Ya en Bogotá, Marina remitió la misiva a la familia del preso a la dirección escrita en el papel y envió un mensaje por telégrafo a su pueblo: Estoy viva. Grado en diciembre. Enviaré dinero de pasajes de tren para mi padre y mi madre. Marina Reyes. Un mes después, los estudiantes organizaron un agasajo para la tripulación en agradecimiento por la proeza aérea y la taurina también. Pudieron ver las fotos tomadas luego del accidente y entendieron que llamarlo un milagro no sería suficiente para explicar por qué habían resultado ilesos. Sin embargo, ningún medio nacional registró la noticia. Eran tiempos de muerte y guerra, sobrevivir no era noticia.

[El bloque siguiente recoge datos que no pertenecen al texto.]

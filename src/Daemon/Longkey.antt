-- ===== src/Daemon/Longkey.antt =====
-- daemon/Ihash.hpp: the 64-bit key of a page, 4 bits of client, 32 of inode, 28 of page offset.
-- A `uint64_t` sum of fields is taken modulo 2 ^ 64, a `uint32_t` argument or result modulo 2 ^ 32.
use cleancache_rdma.Prelude.{ℕ, ◌+◌, ◌-◌, ◌*◌, ◌/◌, ◌%◌, ◌^◌, ◌<◌, ◌≡◌, bit_and, bit_or, arith}
use cleancache_rdma.Prelude.Fields.{bit_or-high_low, bit_or-low_high, bit_and-mask}

unfoldable pub make_longkey : ℕ → ℕ → ℕ → ℕ
make_longkey cli_id inode index =
    bit_or (bit_or (inode * 2 ^ (32 - 4) % 2 ^ 64) (index % 2 ^ 32)) (cli_id * 2 ^ 60 % 2 ^ 64)

unfoldable pub longkey_to_cid : ℕ → ℕ
longkey_to_cid longkey = longkey / 2 ^ 60 % 2 ^ 32

unfoldable pub longkey_to_inode : ℕ → ℕ
longkey_to_inode longkey = bit_and (longkey / 2 ^ (32 - 4)) (2 ^ 32 - 1) % 2 ^ 32

-- the mask has 29 ones
unfoldable pub longkey_to_offset : ℕ → ℕ
longkey_to_offset longkey = bit_and longkey (2 ^ (28 + 1) - 1) % 2 ^ 32

module _ (cli_id inode index : ℕ) (c : cli_id < 2 ^ 4) (n : inode < 2 ^ 32)
    (x : index < 2 ^ 28) where
  -- Fields of their widths do not overlap.
  pub make_longkey-sum :
      make_longkey cli_id inode index ≡ cli_id * 2 ^ 60 + (inode * 2 ^ 28 + index)
  unfolding make_longkey
  make_longkey-sum =
      let inode_fits : inode * 2 ^ (32 - 4) % 2 ^ 64 ≡ inode * 2 ^ 28 = omega arith in
      let index_fits : index % 2 ^ 32 ≡ index = omega arith in
      let cli_fits : cli_id * 2 ^ 60 % 2 ^ 64 ≡ cli_id * 2 ^ 60 = omega arith in
      rw (inode_fits, index_fits, cli_fits, bit_or-high_low 28 inode index x)
        (bit_or-low_high 60 cli_id (inode * 2 ^ 28 + index) (omega arith))

-- From a key of a 4-bit client, a 32-bit inode and a 28-bit index, the client and the inode are
-- read back; the offset that is read back has the inode's lowest bit above the index.
pub longkey_roundtrip :
    (cli_id inode index : ℕ)
    → cli_id < 2 ^ 4
    → inode < 2 ^ 32
    → index < 2 ^ 28
    → (longkey_to_cid (make_longkey cli_id inode index) ≡ cli_id)
      × (longkey_to_inode (make_longkey cli_id inode index) ≡ inode)
      × (longkey_to_offset (make_longkey cli_id inode index) ≡ inode % 2 * 2 ^ 28 + index)
unfolding longkey_to_cid longkey_to_inode longkey_to_offset
longkey_roundtrip cli_id inode index c n x =
    let key = make_longkey cli_id inode index in
    let sum = make_longkey-sum cli_id inode index c n x in
    (
      omega (arith, sum),
      omega (arith, sum, bit_and-mask 32 (key / 2 ^ 28)),
      omega (arith, sum, bit_and-mask 29 key),
    )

El piloto les confesó que había seguido su instinto desde el primer momento. Haberse entrenado para emergencias no se traducía en fórmulas disponibles para ser aplicadas automáticamente. Sintió miedo, sí, pero no podía dejar que los pasajeros lo notaran porque, según él, alguien podría morir de un infarto. El pánico suele ser tan letal como un avión en picada, sentenció.
En su pueblo entendieron con los años que a Marina no se la puede atajar. Retomó sus clases como profesora y como estudiante y, tal como se lo había propuesto, se graduó en diciembre con honores. Continuó enviando dinero y ropa y también ahora libros a sus hermanos asegurándose con ello de que la universidad no fuera una oportunidad individual ni exclusivamente masculina. Fue juez durante treinta años en muy diferentes municipios y conoció de primera mano los riesgos de una profesión ejercida en este país bajo amenazas y atentados. A todos sobrevivió porque no estaba en sus planes para la vejez renunciar a la oportunidad de descubrir un nuevo destino. Envió a la cárcel a corruptos, a asesinos y a ladrones y en todos los casos pensaba que ningún castigo podría ser peor que el foso de la Gorgona.
Cuando fue nombrada Magistrada, habló sin titubear sobre la educación como la única fórmula efectiva para erradicar el crimen y, llegado el momento de su retiro, se dedicó a viajar por el mundo sin olvidar que tiene aún pendiente un safari en el África salvaje para conocer leones. Su maleta y su nuevo bastón están listos siempre, porque descubrir el mundo es una tarea que toma toda la vida y un poco más.
Su padre conservó en su biblioteca la mazorca fosilizada de 1964 como recuerdo de lo que pudo haber sido pero que no fue porque la historia no se escribe en tiempo presente. Sólo lo vivido. Y ella ha sobrevivido.
*Marina Reyes Peñalosa. Fotografía mosaico graduandos Universidad La Gran Colombia. Archivo familiar.